Auftakt nach Maß

Energie Cottbus startet mit einem 2:0-Erfolg über Fortuna Düsseldorf in die Zweitligasaison

  • Von Matthias Koch, Cottbus
  • Lesedauer: 2 Min.

»Auf die Knie, auf die Knie«, riefen die Fans des Fußball-Zweitligisten FC Energie Cottbus nach dem ersten Saisonspiel gegen Fortuna Düsseldorf. Das war aber keine Form der Kritik, sondern die Vorbereitung des kollektiven Jubels. Der fiel nach dem 2:0 (0:0)-Erfolg gegen die als Aufstiegskandidaten gehandelten Rheinländer riesig aus. »Entscheidend war unsere bessere Organisation in der zweiten Halbzeit«, sagte der Cottbuser Trainer Claus-Dieter Wollitz. »Im Gegensatz zur letzten Saison kann ich noch mehr Einfluss von außen nehmen.« Im Klartext: Der 45-Jährige glaubt, in der aktuellen Spielzeit einen besseren Kader zu besitzen.

Langjährige Stammspieler wie Torhüter Gerhard Tremmel sowie Stanislav Angelov, Stiven Rivic und Kapitän Ovidiu Burca zog es in die Ferne. Gegen Düsseldorf standen mit Torhüter Thorsten Kirschbaum, den Verteidigern Kolja Afriyie und Takahito Soma sowie den Mittelfeldspielern Daniel Adlung und Rok Kronaveter fünf Neuzugänge in der Startelf.

Die Treffer gingen jedoch auf das Konto zweier altgedienter Angreifer. Emil Jula köpfte kurz nach der Pause eine Eingabe des neuen Spielführers Marc-Andre Kruska ein. 15 Minuten vor dem Abpfiff bugsierte Nils Petersen eine Eingabe von Kronaveter zur Entscheidung ins Netz. Trainer Wollitz dankte nach dem Abpfiff ausdrücklich der medizinischen und physiotherapeutischen Abteilung, die die verletzten Jula und Kruska doch noch fit gemacht hatte.

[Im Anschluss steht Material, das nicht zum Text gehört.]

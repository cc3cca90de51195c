-- ===== src/CalendarPlan.antt =====
-- internal/calendarplan/calendarplan.go. A time is a number of nanoseconds and a duration is not
-- negative; the float conversion of DurationFromMinutes is left out. `sort.Slice` is an insertion
-- sort by the start.
pub mod Merge
pub mod Slots
use outlook_agent.Prelude.{
  Bool, List, String, [], any, false, if◌then◌else◌, leb, length, ltb, nat_eq, not, suc, true, zero,
  ℕ, ◌&&◌, ◌+◌, ◌-◌, ◌==◌, ◌||◌, ◌∷◌,
}
use outlook_agent.Prelude.Text.{trim_space, to_lower, equal_fold}

abbrev pub default_duration : ℕ
default_duration = 1_800_000_000_000

pub record Interval : Type 0 where
  pub start : ℕ
  pub end : ℕ
  pub status : String

pub record Suggestion : Type 0 where
  pub start : ℕ
  pub end : ℕ

pub record Options : Type 0 where
  pub duration : ℕ
  pub step : ℕ
  pub max_suggestions : ℕ
  pub tentative_policy : String

-- the switch on the normalised status
unfoldable pub blocks : Bool → String → Bool
blocks tentative_is_free status =
    if status == "busy"
      || status == "oof"
      || status == "outofoffice"
      || status == "unknown"
      || status == "nodata"
      || status == "no data"
      || status == "no-data"
      || status == "no_data"
    then true
    else if status == "tentative"
    then not tentative_is_free
    else false

unfoldable pub tentative_is_free : String → Bool
unfolding equal_fold trim_space
tentative_is_free policy = equal_fold (trim_space policy) "free"

-- the test that blockingIntervals makes on one interval
unfoldable pub is_blocking : Bool → Interval → Bool
unfolding blocks trim_space to_lower
is_blocking free interval =
    if not (ltb interval.start interval.end)
    then false
    else blocks free (to_lower (trim_space interval.status))

pub keep_blocking : Bool → List Interval → List Interval
keep_blocking free [] = []
keep_blocking free (interval ∷ rest) =
    let kept = keep_blocking free rest in
    if is_blocking free interval then interval ∷ kept else kept

unfoldable pub blocking_intervals : List Interval → String → List Interval
unfolding keep_blocking is_blocking tentative_is_free
blocking_intervals intervals policy = keep_blocking (tentative_is_free policy) intervals

unfoldable pub insert_by_start : Interval → List Interval → List Interval
insert_by_start x [] = x ∷ []
insert_by_start x (y ∷ ys) =
    let rest = insert_by_start x ys in if ltb y.start x.start then y ∷ rest else x ∷ y ∷ ys

unfoldable pub sort_by_start : List Interval → List Interval
unfolding insert_by_start
sort_by_start [] = []
sort_by_start (x ∷ xs) = insert_by_start x (sort_by_start xs)

-- last.End grows to the interval's end where that is later
abbrev pub join : Interval → Interval → Interval
join last interval = if ltb last.end interval.end then record last { end = interval.end } else last

-- the loop over the sorted intervals; `last` is the last one of `merged`
unfoldable pub merge_from : Interval → List Interval → List Interval
merge_from last [] = last ∷ []
merge_from last (interval ∷ rest) = elim (ltb last.end interval.start) [
  | true ↦ last ∷ merge_from interval rest
  | false ↦ merge_from (join last interval) rest
]

abbrev pub merge_sorted : List Interval → List Interval
merge_sorted [] = []
merge_sorted (x ∷ xs) = merge_from x xs

unfoldable pub merge_intervals : List Interval → List Interval
unfolding sort_by_start merge_from
merge_intervals intervals =
    if leb (length intervals) 1 then intervals else merge_sorted (sort_by_start intervals)

abbrev pub overlaps : ℕ → ℕ → Interval → Bool
overlaps start end interval = ltb start interval.end && ltb interval.start end

unfoldable pub overlaps_any : ℕ → ℕ → List Interval → Bool
overlaps_any start end intervals = any (overlaps start end) intervals

-- The loop on fuel: `left` is how many suggestions are still wanted.
unfoldable pub find_from : ℕ → ℕ → ℕ → List Interval → ℕ → ℕ → ℕ → List Suggestion
unfolding overlaps_any
find_from duration step end blocking zero slot left = []
find_from duration step end blocking (suc fuel) slot left = elim (ltb end (slot + duration)) [
  | true ↦ []
  | false ↦ elim (overlaps_any slot (slot + duration) blocking) [
    | true ↦ find_from duration step end blocking fuel (slot + step) left
    | false ↦ record { start = slot; end = slot + duration } ∷ elim (nat_eq left 1) [
      | true ↦ []
      | false ↦ find_from duration step end blocking fuel (slot + step) (left - 1)
    ]
  ]
]

abbrev pub or_default : ℕ → ℕ → ℕ
or_default value fallback = if leb value 0 then fallback else value

unfoldable pub find_suggestions : ℕ → ℕ → List Interval → Options → List Suggestion
unfolding find_from merge_intervals blocking_intervals
find_suggestions start end busy options =
    find_from (or_default options.duration default_duration)
      (or_default options.step 1_800_000_000_000) end
      (merge_intervals (blocking_intervals busy options.tentative_policy)) (suc (end - start)) start
      (or_default options.max_suggestions 5)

Dass der Sieg aufgrund hochkarätiger Düsseldorfer Möglichkeiten durch Sandor Torghelle und Ranisav Jovanovic etwas glücklich war, interessierte unter den über 13 390 Zuschauern nicht wirklich. »Man hat gesehen, dass wir als Team auftreten. Die Neuen haben sich gut eingefügt«, meinte Energie-Verteidiger Brzenska. Die mit großen Ambitionen in die Saison gegangenen Fortunen schlichen dagegen zerknirscht vom Rasen. »Wenn man aus klaren Chancen kein Tor macht, geht man immer als Verlierer vom Platz. Dann wird es eng, etwas auf fremden Plätzen mitzunehmen«, ärgerte sich der Düsseldorfer Trainer Norbert Meier.

Die Cottbuser Mannschaft verfiel nach dem Abpfiff aber nicht in Euphorie. Am Saisonende soll ohnehin der neunte Rang vom vergangenen Jahr »nur« verbessert werden. »Es macht einfach Spaß, in Cottbus zu arbeiten, weil du freie Entscheidungen treffen kannst. Es ist einfach so, dass der Verein alles getan hat, um eine junge Mannschaft entwickeln zu können«, sagte der auch für die Transfers zuständige Wollitz. »Mit der Leidenschaft und Willensstärke sind wir in der Lage, eine gute Rolle zu spielen.«

Der Kader ist aber wohl noch nicht komplett. Bis zum Transferschluss am 31. August wird Wollitz möglicherweise noch einen Verteidiger und einen Stürmer holen.